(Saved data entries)
━━━━━━━━━━

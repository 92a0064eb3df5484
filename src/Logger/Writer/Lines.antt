-- ===== src/Logger/Writer/Lines.antt =====
-- log_writer.cpp, `write`: where the pending buffer is cut.
use supervisorcpp.Prelude.{
  ℕ, zero, suc, ◌+◌, ◌≤◌, ◌<◌, [], ◌∷◌, ◌++◌, none, some, inl, inr, ◌≡◌, refl, ◌∙◌, arith, leb,
  ◌==◌, ==_iff, if◌then◌else◌, Bool-cases, Option-cases, length, drop, length-append, drop-append,
  drop_all, length-drop, Bytes,
}
use supervisorcpp.Logger.Writer.{
  Io, LogWriter, rfind, max_pending_buffer, open_nl, flush_end, write_open, write,
}

-- The cut as the comment in `write` explains it: behind the last newline of the whole buffer.
unfoldable pub whole_flush_end : Bytes → ℕ
unfolding rfind
whole_flush_end whole = elim (rfind b'\n' whole) [
  | some i ↦ i + 1
  | none ↦ if leb max_pending_buffer (length whole) then length whole else 0
]

-- What the pending buffer may hold between two calls.
pub record IsPending (b : Bytes) : Type 0 where
  pub no_newline : rfind b'\n' b ≡ none
  pub bounded : length b < max_pending_buffer

rfind-append :
    (c : ℕ) (xs ys : Bytes)
    → rfind c (xs ++ ys) ≡ (elim (rfind c ys) [ some i ↦ some (length xs + i) | none ↦ rfind c xs ])
unfolding rfind
rfind-append c [] ys = ground (arith, Option-cases (rfind c ys))
rfind-append c (x ∷ xs) ys = ground (arith, rfind-append c xs ys)

pub rfind-lt-length : (c : ℕ) (xs : Bytes) {i : ℕ} → rfind c xs ≡ some i → i < length xs
unfolding rfind
rfind-lt-length c [] h = cc
rfind-lt-length c (x ∷ xs) h = elim (Option-cases (rfind c xs)) [
  | inl e ↦ ground (arith, e)
  | inr (j, e) ↦ ground (arith, e, rfind-lt-length c xs e)
]

-- Nothing is left behind the last occurrence.
rfind-drop : (c : ℕ) (xs : Bytes) {i : ℕ} → rfind c xs ≡ some i → rfind c (drop (suc i) xs) ≡ none
unfolding rfind
rfind-drop c [] h = cc
rfind-drop c (x ∷ xs) {i = zero} h = ground (arith, Option-cases (rfind c xs))
rfind-drop c (x ∷ xs) {i = suc i} h = rfind-drop c xs (ground (arith, Option-cases (rfind c xs)))

-- While the pending buffer holds no newline and less than 64 KB, searching only the new data finds
-- the same cut as searching the whole buffer.
pub flush_end-whole :
    (pending chunk : Bytes)
    → IsPending pending
    → flush_end pending chunk ≡ whole_flush_end (pending ++ chunk)
unfolding flush_end whole_flush_end
flush_end-whole pending chunk h =
    ground (arith, rfind-append b'\n' pending chunk, h.no_newline, Option-cases (rfind b'\n' chunk))

-- The cut lies within the buffer.
pub flush_end-le : (pending chunk : Bytes) → flush_end pending chunk ≤ length (pending ++ chunk)
unfolding flush_end
flush_end-le pending chunk = elim (Option-cases (rfind b'\n' chunk)) [
  | inl e ↦ rw (e, flush_end) (ground arith)
  | inr (i, e) ↦
      rw (e, flush_end) (omega (arith, rfind-lt-length b'\n' chunk e, length-append pending chunk))
]

-- What stays behind the cut.
kept_line :
    (pending chunk : Bytes) (i : ℕ)
    → rfind b'\n' chunk ≡ some i
    → flush_end pending chunk ≡ length pending + suc i
unfolding flush_end
kept_line pending chunk i e = rw (e, flush_end) (omega arith)

kept_none :
    (pending chunk : Bytes)
    → rfind b'\n' chunk ≡ none
    → flush_end pending chunk ≡ (
        if leb max_pending_buffer (length (pending ++ chunk)) then length (pending ++ chunk) else 0)
unfolding flush_end
kept_none pending chunk e = rw (e, flush_end) refl

kept-IsPending :
    (pending chunk : Bytes)
    → IsPending pending
    → length chunk ≤ max_pending_buffer
    → IsPending (drop (flush_end pending chunk) (pending ++ chunk))
unfolding rfind
kept-IsPending pending chunk h fits = elim (Option-cases (rfind b'\n' chunk)) [
  | inr (i, e) ↦
      rw (kept_line pending chunk i e, drop-append pending chunk (suc i))
        (record {
          no_newline = rfind-drop b'\n' chunk e;
          bounded = omega (arith, length-drop (suc i) chunk, rfind-lt-length b'\n' chunk e);
        })
  | inl e ↦
      rw (kept_none pending chunk e)
        (elim (Bool-cases (leb max_pending_buffer (length (pending ++ chunk)))) [
          | inl full ↦
              rw (full, drop_all (length (pending ++ chunk)) (pending ++ chunk) (omega arith))
                (record { no_newline = refl; bounded = omega arith })
          | inr small ↦ rw small (record {
            no_newline = rfind-append b'\n' pending chunk ∙ rw e h.no_newline;
            bounded = ground arith;
          })
        ])
]

pub write_open-pending :
    (io : Io) (w : LogWriter) (chunk : Bytes)
    → (write_open io w chunk).0.pending_buffer
      ≡ drop (flush_end w.pending_buffer chunk) (w.pending_buffer ++ chunk)
unfolding write_open
write_open-pending io w chunk = elim (Bool-cases (flush_end w.pending_buffer chunk == 0)) [
  | inl e ↦ rw (e, (==_iff _ _).0 e)
  | inr e ↦ rw e
]

-- Whatever the file system answers, between two calls of `write` the pending buffer holds no
-- newline and less than 64 KB, provided that no call brings more than 64 KB.
pub write-IsPending :
    (io : Io) (w : LogWriter) (chunk : Bytes)
    → length chunk ≤ max_pending_buffer
    → IsPending w.pending_buffer
    → IsPending (write io w chunk).0.pending_buffer
unfolding write open_nl
write-IsPending io w chunk fits h = ground (
  arith,
  write_open-pending io w chunk,
  write_open-pending io (open_nl io w).0 chunk,
  kept-IsPending w.pending_buffer chunk h fits,
)
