-- ===== src/Logger/Writer/WholeLines.antt =====
-- log_writer.cpp, `write_line`: what stands in the log and in the pending buffer after it.
use supervisorcpp.Prelude.{[], ◌∷◌, ◌++◌, if◌then◌else◌, Bytes}
use supervisorcpp.Logger.Writer.{needs_newline}

-- The line as `write_line` writes it.
abbrev pub with_newline : Bytes → Bytes
with_newline line = if needs_newline line then line ++ b'\n' ∷ [] else line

━━━━━━━━━━

» **Exercise requirements**: Print the lines above, unchanged, from the start of the records to the line with "some i ↦ i + 1", including that final line.

» **Reply**:
repository 92a0064eb3df5484
filename src/Logger/Writer/Lines.antt
-- ===== src/Logger/Writer/Lines.antt =====
-- log_writer.cpp, `write`: where the pending buffer is cut.
use supervisorcpp.Prelude.{
  ℕ, zero, suc, ◌+◌, ◌≤◌, ◌<◌, [], ◌∷◌, ◌++◌, none, some, inl, inr, ◌≡◌, refl, ◌∙◌, arith, leb,
  ◌==◌, ==_iff, if◌then◌else◌, Bool-cases, Option-cases, length, drop, length-append, drop-append,
  drop_all, length-drop, Bytes,
}
use supervisorcpp.Logger.Writer.{
  Io, LogWriter, rfind, max_pending_buffer, open_nl, flush_end, write_open, write,
}

-- The cut as the comment in `write` explains it: behind the last newline of the whole buffer.
unfoldable pub whole_flush_end : Bytes → ℕ
unfolding rfind
whole_flush_end whole = elim (rfind b'\n' whole) [
  | some i ↦ i + 1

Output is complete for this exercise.